▸ **The task**:
Each line of the records below that holds "paired" should be returned.

▸ **Given information**:
-- ===== src/Links/Verdict.antt =====
-- scripts/check-doc-links.py: when `main` returns 0.
use antfarm.Prelude.{
  ◌>>=◌, >>=-eq-some, ℕ, suc, ◌≡◌, ◌↔◌, refl, ap, Bool, true, false, ◌||◌, List, [], ◌∷◌, Option,
  none, some, arith, if◌then◌else◌,
}
use antfarm.Text.{Line}
use antfarm.Links.Fences.{unfence}
use antfarm.Links.Targets.{targets_of, strip_angles, is_external, partition}
use antfarm.Links.Paths.{normpath, join_path, dirname}
use antfarm.Links.Check.{
  cached, Checkout, State, Link, counted_link, check_part, check_target, check_targets, check_lines,
  check_text, check_files, exit_of, exit_status, part_of, initial, main, tracked_markdown,
}
use antfarm.Links.Clean.{is_right, is_good, all_good, lines_good, text_good, pages_good, is_clean}
use antfarm.Links.Judged.{
  IsValid, Judged, Keeps, >>=-Judged, recorded, no_state, some_eq, check_anchor-Judged,
  check_anchor-Keeps, check_path-Judged, check_path-Keeps,
}

empty_cache : (c : Checkout) → IsValid c initial
unfolding cached
empty_cache c p ids h = cc

module _ (c : Checkout) where
  >>=-Keeps : (f g : State → Option State) → Keeps c f → Keeps c g → Keeps c (λ s. f s >>= g)
  >>=-Keeps f g k m s t h e = go (>>=-eq-some (f s) g e)
    where
      go : (r : State) × (f s ≡ some r) × (g r ≡ some t) → exit_of t ≡ 1
      go (r, d, b) = m r t (k s r h d) b

  check_part-Judged :
      (path : Line) (l : Link) (part frag : Line) (s : State)
      → exit_of s ≡ 0
      → IsValid c s
      → Judged c (is_right c path part frag) (check_part c path l part frag s)
  check_part-Judged path l [] frag s z v = check_anchor-Judged c l frag path s z v
  check_part-Judged path l (p ∷ ps) frag s z v =
      check_path-Judged c l (p ∷ ps) frag (normpath (join_path (dirname path) (p ∷ ps))) s z v

  check_part-Keeps :
      (path : Line) (l : Link) (part frag : Line) → Keeps c (check_part c path l part frag)
  check_part-Keeps path l [] frag = check_anchor-Keeps c l frag path
  check_part-Keeps path l (p ∷ ps) frag =
      check_path-Keeps c l (p ∷ ps) frag (normpath (join_path (dirname path) (p ∷ ps)))

  check_target-Judged :
      (path : Line) (n : ℕ) (word : Line) (s : State)
      → exit_of s ≡ 0
      → IsValid c s
      → Judged c (is_good c path word) (check_target c path n word s)
  unfolding check_target
  check_target-Judged path n word s z v = go (is_external target)
    where
      target : Line
      target = strip_angles word

      go :
          (b : Bool)
          → Judged c (b || is_right c path (part_of c target) (partition b'#' target).1) (
              if b
              then some (counted_link s)
              else check_part c path
                  (path, n, target)
                  (part_of c target)
                  (partition b'#' target).1
                  (counted_link s))
      go true = (counted_link s, refl, z, v)
      go false =
          check_part-Judged path (path, n, target) (part_of c target) (partition b'#' target).1
            (counted_link s) z v

  check_target-Keeps : (path : Line) (n : ℕ) (word : Line) → Keeps c (check_target c path n word)
  unfolding check_target
  check_target-Keeps path n word s t h e = go (is_external target) e
    where
      target : Line
      target = strip_angles word

      go :
          (b : Bool)
          → (if b
              then some (counted_link s)
              else check_part c path
                  (path, n, target)
                  (part_of c target)
                  (partition b'#' target).1
                  (counted_link s))
            ≡ some t
          → exit_of t ≡ 1
      go true e = recorded c (counted_link s) t h e
      go false e =
          check_part-Keeps path (path, n, target) (part_of c target) (partition b'#' target).1
            (counted_link s) t h e

  check_targets-Keeps : (path : Line) (n : ℕ) (ts : List Line) → Keeps c (check_targets c path n ts)
  unfolding check_targets
  check_targets-Keeps path n [] s t h e = recorded c s t h e
  check_targets-Keeps path n (w ∷ ts) s t h e =
      >>=-Keeps (check_target c path n w) (check_targets c path n ts) (check_target-Keeps path n w)
        (check_targets-Keeps path n ts) s t h e

  check_targets-Judged :
      (path : Line) (n : ℕ) (ts : List Line) (s : State)
      → exit_of s ≡ 0
      → IsValid c s
      → Judged c (all_good c path ts) (check_targets c path n ts s)
  unfolding check_targets
  check_targets-Judged path n [] s z v = (s, refl, z, v)
  check_targets-Judged path n (w ∷ ts) s z v =
      >>=-Judged c (is_good c path w) (all_good c path ts) (check_target c path n w s)
        (check_targets c path n ts) (check_target-Judged path n w s z v)
        (check_targets-Judged path n ts) (check_targets-Keeps path n ts)

  check_lines-Keeps :
      (path : Line) (n : ℕ) (lines : List Line) → Keeps c (check_lines c path n lines)
  unfolding check_lines
  check_lines-Keeps path n [] s t h e = recorded c s t h e
  check_lines-Keeps path n (line ∷ lines) s t h e =
      >>=-Keeps (check_targets c path n (targets_of line)) (check_lines c path (suc n) lines)
        (check_targets-Keeps path n (targets_of line)) (check_lines-Keeps path (suc n) lines) s t h
        e

  check_lines-Judged :
      (path : Line) (n : ℕ) (lines : List Line) (s : State)
      → exit_of s ≡ 0
      → IsValid c s
      → Judged c (lines_good c path lines) (check_lines c path n lines s)
  unfolding check_lines
  check_lines-Judged path n [] s z v = (s, refl, z, v)
  check_lines-Judged path n (line ∷ lines) s z v =
      >>=-Judged c (all_good c path (targets_of line)) (lines_good c path lines)
        (check_targets c path n (targets_of line) s) (check_lines c path (suc n) lines)
        (check_targets-Judged path n (targets_of line) s z v)
        (check_lines-Judged path (suc n) lines) (check_lines-Keeps path (suc n) lines)

  check_text-Judged :
      (path : Line) (o : Option (List Line)) (s : State)
      → exit_of s ≡ 0
      → IsValid c s
      → Judged c (text_good c path o) (check_text c path s o)
  check_text-Judged path none s z v = no_state
  check_text-Judged path (some lines) s z v = check_lines-Judged path 1 (unfence lines) s z v

  check_text-Keeps : (path : Line) (o : Option (List Line)) → Keeps c (λ s. check_text c path s o)
  check_text-Keeps path none s t h e = no_state t e
  check_text-Keeps path (some lines) s t h e = check_lines-Keeps path 1 (unfence lines) s t h e

  check_files-Keeps : (paths : List Line) → Keeps c (check_files c paths)
  unfolding check_files
  check_files-Keeps [] s t h e = recorded c s t h e
  check_files-Keeps (path ∷ paths) s t h e =
      >>=-Keeps (λ s. check_text c path s (c.lines_of path)) (check_files c paths)
        (check_text-Keeps path (c.lines_of path)) (check_files-Keeps paths) s t h e

  check_files-Judged :
      (paths : List Line) (s : State)
      → exit_of s ≡ 0
      → IsValid c s
      → Judged c (pages_good c paths) (check_files c paths s)
  unfolding check_files
  check_files-Judged [] s z v = (s, refl, z, v)
  check_files-Judged (path ∷ paths) s z v =
      >>=-Judged c (text_good c path (c.lines_of path)) (pages_good c paths)
        (check_text c path s (c.lines_of path)) (check_files c paths)
        (check_text-Judged path (c.lines_of path) s z v) (check_files-Judged paths)
        (check_files-Keeps paths)

  exit_status-Judged :
      (b : Bool) (o : Option State) → Judged c b o → (o >>= exit_status ≡ some 0) ↔ (b ≡ true)
  exit_status-Judged true o (s, e, z, v) = (λ h. refl, λ h. rw e (ap some z))
  exit_status-Judged false o h = (λ e. absurd (clash (>>=-eq-some o exit_status e)), λ e. cc)
    where
      clash : (s : State) × (o ≡ some s) × (exit_status s ≡ some 0) → ⊥
      clash (s, e, d) = omega (arith, h s e, some_eq (exit_of s) 0 d)

  -- The check returns 0 exactly when every Markdown file that is scanned can be read, and each link
  -- outside of its fenced blocks and code spans has another scheme, or leads to a path that is inside
  -- of the checkout, also where links lead, and tracked, and to an anchor of the page there, if it
  -- names one and the page is Markdown.
  pub main-is_clean : (main c ≡ some 0) ↔ (is_clean c ≡ true)
  unfolding main is_clean
  main-is_clean =
      exit_status-Judged (pages_good c (tracked_markdown c))
        (check_files c (tracked_markdown c) initial)
        (check_files-Judged (tracked_markdown c) initial refl (empty_cache c))
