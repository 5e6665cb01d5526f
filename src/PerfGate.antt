-- ===== src/PerfGate.antt =====
-- tools/perf/perf_gate.py: the paired measurement of two revisions and the report on it.
pub mod Floats
pub mod Campaign
pub mod Report
pub mod Laws
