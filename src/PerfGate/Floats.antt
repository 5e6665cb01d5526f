-- ===== src/PerfGate/Floats.antt =====
-- The floating-point numbers and statistics of tools/perf/perf_gate.py, as far as the report uses
-- them. No law of floats is assumed.
use antfarm.Prelude.{Bool, List}

pub record Floats : Type 1 where
  pub F : Type 0
  pub zero_f : F
  pub one_f : F
  pub lt : F → F → Bool
  pub sub : F → F → F
  pub div : F → F → F
  pub abs : F → F
  pub twice : F → F
  pub half : F → F
  -- statistics.median, min and max of a list that is not empty
  pub median : List F → F
  pub least : List F → F
  pub greatest : List F → F
  -- boot_ci: the two ends of the bootstrap interval
  pub boot_low : List F → F
  pub boot_high : List F → F
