-- ===== src/PerfGate/Campaign.antt =====
-- tools/perf/perf_gate.py, `main`: the attempts at one cell. A row is what `runone` returned.
use antfarm.Prelude.{
  ℕ, zero, suc, ◌+◌, ◌%◌, Bool, true, false, not, ◌&&◌, List, [], ◌∷◌, ◌++◌, Option, leb, ◌==◌,
  if◌then◌else◌, length,
}
use antfarm.PerfGate.Floats.{Floats}

pub data Version : Type 0 where
  base candidate : Version

module _ (N : Floats) where
  pub record Row : Type 0 where
    pub rate : N.F
    pub contaminated : Bool
    pub valid : Bool
    pub dispatched_fraction : Option N.F

  -- `pair`, with the version that ran first.
  pub record Pair : Type 0 where
    pub first : Version
    pub base_row : Row
    pub candidate_row : Row

  -- What a run in the attempt `repeat` gives, with so many pairs kept before it.
  abbrev pub Runs : Type 0
  Runs = ℕ → Version → ℕ → Row

  pub data Attempt : Type 0 where
    paired : Pair → Attempt
    invalid : Attempt

  -- An invalid row ends the whole gate, whichever version it is of.
  -- for version in (['base','candidate'] if len(pairs)%2==0 else ['candidate','base'])
  unfoldable pub attempt_pair : Runs → ℕ → ℕ → Attempt
  attempt_pair run repeat kept =
      let b = run repeat base kept in
      let c = run repeat candidate kept in
      let order = if (kept % 2) == 0 then base else candidate in
      if b.valid && c.valid
      then paired (record { first = order; base_row = b; candidate_row = c })
      else invalid

  -- all(not r['contaminated'] for r in pair.values())
  unfoldable pub is_clean : Pair → Bool
  is_clean p = not p.base_row.contaminated && not p.candidate_row.contaminated

  pub record Cell : Type 0 where
    pub pairs : List Pair
    pub attempts : List Pair

  pub data Measured : Type 0 where
    measured : Cell → Measured
    failed : Measured

  -- attempts.append(pair), and pairs.append(pair) if it is clean
  unfoldable pub record_pair : Cell → Pair → Cell
  unfolding is_clean
  record_pair s p = record {
    pairs = if is_clean p then s.pairs ++ p ∷ [] else s.pairs;
    attempts = s.attempts ++ p ∷ [];
  }

  -- for repeat in range(a.max_attempts): `left` attempts are left, the next one is `repeat`.
  unfoldable pub measure : Runs → ℕ → ℕ → ℕ → Cell → Measured
  unfolding attempt_pair record_pair
  measure run repeats repeat zero s = measured s
  measure run repeats repeat (suc left) s = elim (attempt_pair run repeat (length s.pairs)) [
    | invalid ↦ failed
    | paired p ↦
        let rest = measure run repeats (suc repeat) left (record_pair s p) in
        if leb repeats (length (record_pair s p).pairs) then measured (record_pair s p) else rest
  ]

  unfoldable pub measure_cell : Runs → ℕ → ℕ → Measured
  unfolding measure
  measure_cell run repeats max_attempts =
      measure run repeats 0 max_attempts (record { pairs = []; attempts = [] })

-- sum(next(iter(pair))==v for pair in pairs)
abbrev pub is_version : Version → Version → Bool
is_version base base = true
is_version candidate candidate = true
is_version _ _ = false

module _ (N : Floats) where
  unfoldable pub kept_order_count : Version → List (Pair N) → ℕ
  kept_order_count v [] = 0
  kept_order_count v (p ∷ ps) = (if is_version p.first v then 1 else 0) + kept_order_count v ps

▸ **Completed task**:
-- tools/perf/perf_gate.py: the paired measurement of two revisions and the report on it.
    paired : Pair → Attempt
      then paired (record { first = order; base_row = b; candidate_row = c })
    | paired p ↦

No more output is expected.